The anaesthetist openly laughed at Cockburn and called it ironic. I suppose knowing I'd wake up in an hour with a burning pee hole did make it hugely ironic.

And let's just say I'm diligent about staying hydrated and avoiding STIs -- I don't want to be subjected to more jokes than necessary.

Last week I woke up after knee surgery and the combo of Alexander Cockburn and Dr Rimmer written next to each other on the patient file was a good laugh. Maybe because I'm a child, maybe because I was high on fentanyl.

Go on, have a laugh.
Alexander Cockburn
Go on, have a laugh.

I pointed it out to the nurse, who clearly questioned whether it would be inappropriate to laugh at the two names side by side. I deemed it appropriate.

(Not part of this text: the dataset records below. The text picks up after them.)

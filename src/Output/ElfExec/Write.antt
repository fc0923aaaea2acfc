-- ===== src/Output/ElfExec/Write.antt =====
-- src/output/elf/exec.c, elf_exec_write: the layout of the file and its bytes. `none` is a write behind
-- the end of one of the function's arrays. Opening the file is taken to succeed.
use o.Prelude.{
  ℕ, replicate, ◌+◌, ◌-◌, ◌*◌, Bool, not, ◌&&◌, [], ◌∷◌, ◌++◌, Option, none, some, ltb, leb,
  if◌then◌else◌, length,
}
use o.Backend.CodeBuf.{Bytes, align_up}
use o.Output.File.{ee_wbuf, ee_wpad, ee_pos, ee_align}
use o.Output.ElfExec.{ElfExecCtx, is_static, is_shared}
use o.Output.ElfExec.Image.{
  ehdr_bytes, Phdr, phdr_bytes, shdr_bytes, dyn_bytes, add_symbols, add_libs,
}

abbrev pub page : ℕ
page = 0x1000

abbrev pub is_dyn : ElfExecCtx → Bool
is_dyn ctx = not (is_static ctx.mode)

unfoldable pub text_filesz : ElfExecCtx → ℕ
text_filesz ctx = align_up (length ctx.text) page

unfoldable pub va_text : ElfExecCtx → ℕ
va_text ctx = ctx.load_vaddr + page * 2

unfoldable pub va_got : ElfExecCtx → ℕ
va_got ctx = ctx.load_vaddr + page * 2 + text_filesz ctx

unfoldable pub va_dyn : ElfExecCtx → ℕ
va_dyn ctx = va_got ctx + page

unfoldable pub va_dynstr : ElfExecCtx → ℕ
va_dynstr ctx = va_dyn ctx + page

-- The string with its zero byte, if there is a dynamic loader.
unfoldable pub interp_bytes : ElfExecCtx → Bytes
interp_bytes ctx = if is_dyn ctx then ctx.interp ++ 0 ∷ [] else []

-- The tables that the function builds in its arrays.
unfoldable pub symbols : ElfExecCtx → Bytes × Bytes
symbols ctx = add_symbols (va_text ctx) ctx.exports (0 ∷ []) (replicate 24 0)

unfoldable pub dynsym : ElfExecCtx → Bytes
dynsym ctx = (symbols ctx).1

unfoldable pub libs : ElfExecCtx → Bytes × Bytes
libs ctx = if is_dyn ctx then add_libs ctx.needed_libs (0 ∷ []) [] else (0 ∷ [], [])

unfoldable pub strtab : ElfExecCtx → Bytes
strtab ctx = (libs ctx).0

-- DT_STRTAB, DT_STRSZ, DT_PLTGOT, DT_FLAGS, DT_NULL
unfoldable pub dyn : ElfExecCtx → Bytes
dyn ctx =
    if is_dyn ctx
    then (libs ctx).1
      ++ (dyn_bytes 5 (va_dynstr ctx)
          ++ (dyn_bytes 10 (length (strtab ctx))
              ++ (dyn_bytes 3 (va_got ctx) ++ (dyn_bytes 30 8 ++ dyn_bytes 0 0))))
    else []

-- "\0.text\0.shstrtab\0"
abbrev pub shstrtab : Bytes
shstrtab =
    0 ∷ 46 ∷ 116 ∷ 101 ∷ 120 ∷ 116 ∷ 0 ∷ 46 ∷ 115 ∷ 104 ∷ 115 ∷ 116 ∷ 114 ∷ 116 ∷ 97 ∷ 98 ∷ 0 ∷ []

unfoldable pub ph_count : ElfExecCtx → ℕ
ph_count ctx = if is_dyn ctx then 5 else 2

unfoldable pub interp_off : ElfExecCtx → ℕ
interp_off ctx = 64 + ph_count ctx * 56

unfoldable pub text_off : ElfExecCtx → ℕ
text_off ctx = align_up (interp_off ctx + length (interp_bytes ctx)) page

unfoldable pub dyn_off : ElfExecCtx → ℕ
dyn_off ctx = text_off ctx + text_filesz ctx + page

unfoldable pub dynstr_off : ElfExecCtx → ℕ
dynstr_off ctx = dyn_off ctx + align_up (length (dyn ctx)) 8

unfoldable pub dynsym_off : ElfExecCtx → ℕ
dynsym_off ctx = dynstr_off ctx + align_up (length (strtab ctx)) 8

unfoldable pub shstr_off : ElfExecCtx → ℕ
shstr_off ctx = dynsym_off ctx + align_up (length (dynsym ctx)) 8

unfoldable pub sh_off : ElfExecCtx → ℕ
sh_off ctx = align_up (shstr_off ctx + length shstrtab) 8

unfoldable pub file_header : ElfExecCtx → Bytes
file_header ctx = ehdr_bytes record {
  e_type = if is_shared ctx.mode then 3 else 2;
  e_entry = va_text ctx + ctx.entry_text_off;
  e_phoff = 64;
  e_shoff = sh_off ctx;
  e_phnum = ph_count ctx;
}

-- PT_PHDR and PT_INTERP
abbrev pub self_segment : ElfExecCtx → Phdr
self_segment ctx = record {
  p_type = 6;
  p_flags = 4;
  p_offset = 64;
  p_vaddr = ctx.load_vaddr + 64;
  p_filesz = ph_count ctx * 56;
  p_align = 8;
}

abbrev pub interp_segment : ElfExecCtx → Phdr
interp_segment ctx = record {
  p_type = 3;
  p_flags = 4;
  p_offset = interp_off ctx;
  p_vaddr = ctx.load_vaddr + interp_off ctx;
  p_filesz = length (interp_bytes ctx);
  p_align = 1;
}

-- The two PT_LOAD segments: the headers, and the code.
abbrev pub header_segment : ElfExecCtx → Phdr
header_segment ctx = record {
  p_type = 1;
  p_flags = 4;
  p_offset = 0;
  p_vaddr = ctx.load_vaddr;
  p_filesz = text_off ctx;
  p_align = page;
}

abbrev pub text_segment : ElfExecCtx → Phdr
text_segment ctx = record {
  p_type = 1;
  p_flags = 5;
  p_offset = text_off ctx;
  p_vaddr = va_text ctx;
  p_filesz = text_filesz ctx;
  p_align = page;
}

-- PT_DYNAMIC
abbrev pub dyn_segment : ElfExecCtx → Phdr
dyn_segment ctx = record {
  p_type = 2;
  p_flags = 6;
  p_offset = dyn_off ctx;
  p_vaddr = va_dyn ctx;
  p_filesz = length (dyn ctx);
  p_align = 8;
}

unfoldable pub program_headers : ElfExecCtx → Bytes
program_headers ctx =
    if is_dyn ctx
    then phdr_bytes (self_segment ctx)
      ++ (phdr_bytes (interp_segment ctx)
          ++ (phdr_bytes (header_segment ctx)
              ++ (phdr_bytes (text_segment ctx) ++ phdr_bytes (dyn_segment ctx))))
    else phdr_bytes (header_segment ctx) ++ phdr_bytes (text_segment ctx)

unfoldable pub section_headers : ElfExecCtx → Bytes
section_headers ctx =
    shdr_bytes record {
      sh_name = 0;
      sh_type = 0;
      sh_flags = 0;
      sh_addr = 0;
      sh_offset = 0;
      sh_size = 0;
      sh_addralign = 0;
    }
    ++ (shdr_bytes record {
      sh_name = 1;
      sh_type = 1;
      sh_flags = 6;
      sh_addr = va_text ctx;
      sh_offset = text_off ctx;
      sh_size = length ctx.text;
      sh_addralign = 16;
    }
        ++ shdr_bytes record {
          sh_name = 7;
          sh_type = 3;
          sh_flags = 0;
          sh_addr = 0;
          sh_offset = shstr_off ctx;
          sh_size = length shstrtab;
          sh_addralign = 1;
        })

-- `cur = ee_pos(fd); if (cur < off) ee_wpad(fd, off - cur)`
unfoldable pub pad_to : Bytes → ℕ → Bytes
pad_to f off = if ltb (ee_pos f) off then ee_wpad f (off - ee_pos f) else f

unfoldable pub write_front : ElfExecCtx → Bytes
write_front ctx =
    let f1 = ee_wbuf (ee_wbuf [] (file_header ctx)) (program_headers ctx) in
    let f2 = ee_wpad f1 (interp_off ctx - ee_pos f1) in
    pad_to (ee_wbuf f2 (interp_bytes ctx)) (text_off ctx)

unfoldable pub write_code : ElfExecCtx → Bytes → Bytes
write_code ctx f = ee_wpad (ee_align (ee_wbuf f ctx.text) page) page

unfoldable pub write_tables : ElfExecCtx → Bytes → Bytes
write_tables ctx f =
    if is_dyn ctx
    then ee_align
        (ee_wbuf (ee_align (ee_wbuf (ee_align (ee_wbuf f (dyn ctx)) 8) (strtab ctx)) 8)
          (dynsym ctx))
        8
    else f

unfoldable pub write_sections : ElfExecCtx → Bytes → Bytes
write_sections ctx f =
    ee_wbuf (pad_to (ee_align (ee_wbuf f shstrtab) 8) (sh_off ctx)) (section_headers ctx)

unfoldable pub elf_image : ElfExecCtx → Bytes
elf_image ctx = write_sections ctx (write_tables ctx (write_code ctx (write_front ctx)))

-- The four arrays have 4096, 4096, 8192 and 2048 bytes.
unfoldable pub tables_fit : ElfExecCtx → Bool
tables_fit ctx =
    leb (length (dynsym ctx)) 4096
    && leb (length (symbols ctx).0) 4096
    && leb (length (strtab ctx)) 8192
    && leb (length (dyn ctx)) 2048

unfoldable pub elf_exec_write : ElfExecCtx → Option Bytes
elf_exec_write ctx = if tables_fit ctx then some (elf_image ctx) else none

In my teenage years I did get sick of my last name. It's not surprising I'm no stranger to;

  • Incorrectly spelling my last name to people to avoid hearing Cock-burn
  • Not signing up to loyalty programs so I don't have to spell out my email which contains my last name
  • Being asked if my cock actually burns

One thing I have heard more than once is: "You know what? You pull off your last name."

What. Does. That. Mean?

Sometimes I think I'll change my last name to Smith. That way, if anyone calls me Cockburn again, I can turn around, wave a finger in a sassy manner and sing 'That's Not My Name' by the Ting Tings.

Do I like my last name? I still don't know.

I guess you could say I have a love/hate relationship with Cockburn.

I bet even after reading this you are still pronouncing it as Cock-burn, aren't you?